Betriebe helfen einander

Der Tourismus in Lennestadt boomt: Mehr Urlauber im Sauerland

Zeigen sich zufrieden mit den Zahlen der Urlauber in Lennestadt (von links): Andreas Voss, Andrea Remmel und Oliver Mester.
Zeigen sich zufrieden mit den Zahlen der Urlauber in Lennestadt (von links): Andreas Voss, Andrea Remmel und Oliver Mester.
Foto: Christine Schmidt
Lennestadt. Der Tourismus in Lennestadt boomt. Die drei Inhaber der Gastgewerbe - und Gastronomiebetriebe Hotel Voss, Haus Mester und Klaukenhof ziehen eine positive Bilanz für die ersten acht Monate im Jahr 2017, denn: Immer mehr Menschen machen im Sauerland Urlaub und buchen Kurztrips oder Pauschalreisen.

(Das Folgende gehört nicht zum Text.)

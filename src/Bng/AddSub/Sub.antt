-- ===== src/Bng/AddSub/Sub.antt =====
-- bng_sub subtracts, with the borrow worth one unit above the last digit.
use ocaml_pro_ocaml_branch.Base.{ℕ, ◌+◌, ◌*◌, ◌≤◌, ◌≡◌, List, [], ◌∷◌, arith, length}
use ocaml_pro_ocaml_branch.Bng.Digit.{sub2_carry}
use ocaml_pro_ocaml_branch.Bng.Digit.Exact.{sub2_carry_lem}
use ocaml_pro_ocaml_branch.Bng.Value.{value, weight, IsDigits}
use ocaml_pro_ocaml_branch.Bng.AddSub.{Outcome, decrement, sub_carry, sub}

-- `r` holds `value a - taken` in the digits of `a`, and the borrow.
pub record IsDifference (a : List ℕ) (taken : ℕ) (r : Outcome) : Type 0 where
  pub same_length : length r.digits ≡ length a
  pub digits_ok : IsDigits r.digits
  pub carry_bit : r.carry ≤ 1
  pub is_difference : value r.digits + taken ≡ value a + weight (length a) * r.carry

decrement-IsDifference : (a : List ℕ) → IsDigits a → IsDifference a 1 (decrement a)
unfolding decrement value weight
decrement-IsDifference [] d = omega arith
decrement-IsDifference (x ∷ xs) d = ground (arith, decrement-IsDifference xs d.1)

-- bng_sub_carry subtracts the borrow from `a`.
pub sub_carry-IsDifference :
    (a : List ℕ) (carry : ℕ) → IsDigits a → carry ≤ 1 → IsDifference a carry (sub_carry a carry)
unfolding sub_carry value weight
sub_carry-IsDifference [] c d h = ground arith
sub_carry-IsDifference (x ∷ xs) c d h = ground (arith, decrement-IsDifference (x ∷ xs) d)

-- For arrays of digits with `a` no shorter than `b` and a borrow of 0 or 1, bng_sub puts
-- `a - b - carry` into the digits of `a` and the borrow out.
pub sub-IsDifference :
    (a b : List ℕ) (carry : ℕ)
    → IsDigits a
    → IsDigits b
    → length b ≤ length a
    → carry ≤ 1
    → IsDifference a (value b + carry) (sub a b carry)
unfolding sub value weight
sub-IsDifference a [] c da db le hc = ground (arith, sub_carry-IsDifference a c da hc)
sub-IsDifference [] (y ∷ ys) c da db le hc = absurd (omega arith)
sub-IsDifference (x ∷ xs) (y ∷ ys) c da db le hc =
    let s = sub2_carry_lem x y c da.0 db.0 hc in
    let rest = sub-IsDifference xs ys (sub2_carry x y c).carry da.1 db.1 (omega arith) s.2 in
    record {
      same_length = omega arith;
      digits_ok = (s.1, rest.digits_ok);
      carry_bit = rest.carry_bit;
      is_difference = omega (arith, rest.is_difference, s.0);
    }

Oliver Mester, Betreiber des Hauses Mester in Oedingen, erklärt: „Der Gastro geht es gar nicht so schlecht, wie alle immer sagen. Wir hatten dieses Jahr so viele Gäste wie schon lange nicht mehr.“ Mindestens 25 Prozent mehr Urlauber verzeichnet der Gastronom in dieser Saison nach eigenen Angaben. Mester vermutet, dass das an den Rückgängen der Türkeiurlauber läge sowie an den überteuerten Preisen für Spanien. Genauso sieht die Lage beim Klaukenhof in Burbecke und dem Hotel Voss in Saalhausen aus. Die meiste Zeit seien die Häuser komplett ausgelastet gewesen, erklären Andrea Remmel vom Klaukenhof und Andreas Voss aus Saalhausen.

Zusammen mit 20 anderen im Gastgewerbe tätigen Betrieben aus Lennestadt werden den Gästen Pauschalangebote gemacht, die Eintrittskarten für das Elspe-Festival und das „Fort Fun Abenteuerland“ bereits beinhalten. Diese Aktion wurde zusammen mit der Stadt Lennestadt ins Leben gerufen. Andrea Remmel erklärt, dass der Tourismus in diesem Jahr besonders gut gelaufen sei. Neben der politischen Lage in manchen Urlaubsländern und der preislichen Entwicklung auf den Kanaren sieht sie einen weiteren Grund für die hohen Gästezahlen: Die Trilogie von „Winnetou“, die das Elspe-Fstivals erstmals seit Jahren wieder aufführt.Status der 70er Jahre abgelegt Auch Oliver Mester ist der Meinung, dass es viele Attraktionen in der Umgebung gibt: Neben den Karl-May-festspielen in Elspe und dem Fort Fun seien das etwa die Stadt Attendorn, die Sauerland Pyramiden in Meggen und der Biggesee. „Viele Einheimische sagen immer: Was willste denn hier? Aber wir haben eine so schöne Gegend und viele gute Sachen“, so Mester. Andrea Remmel fügt hinzu, dass das Sauerland längst nicht mehr den Status aus den 70er Jahren habe, sondern nach außen sehr positive wirke.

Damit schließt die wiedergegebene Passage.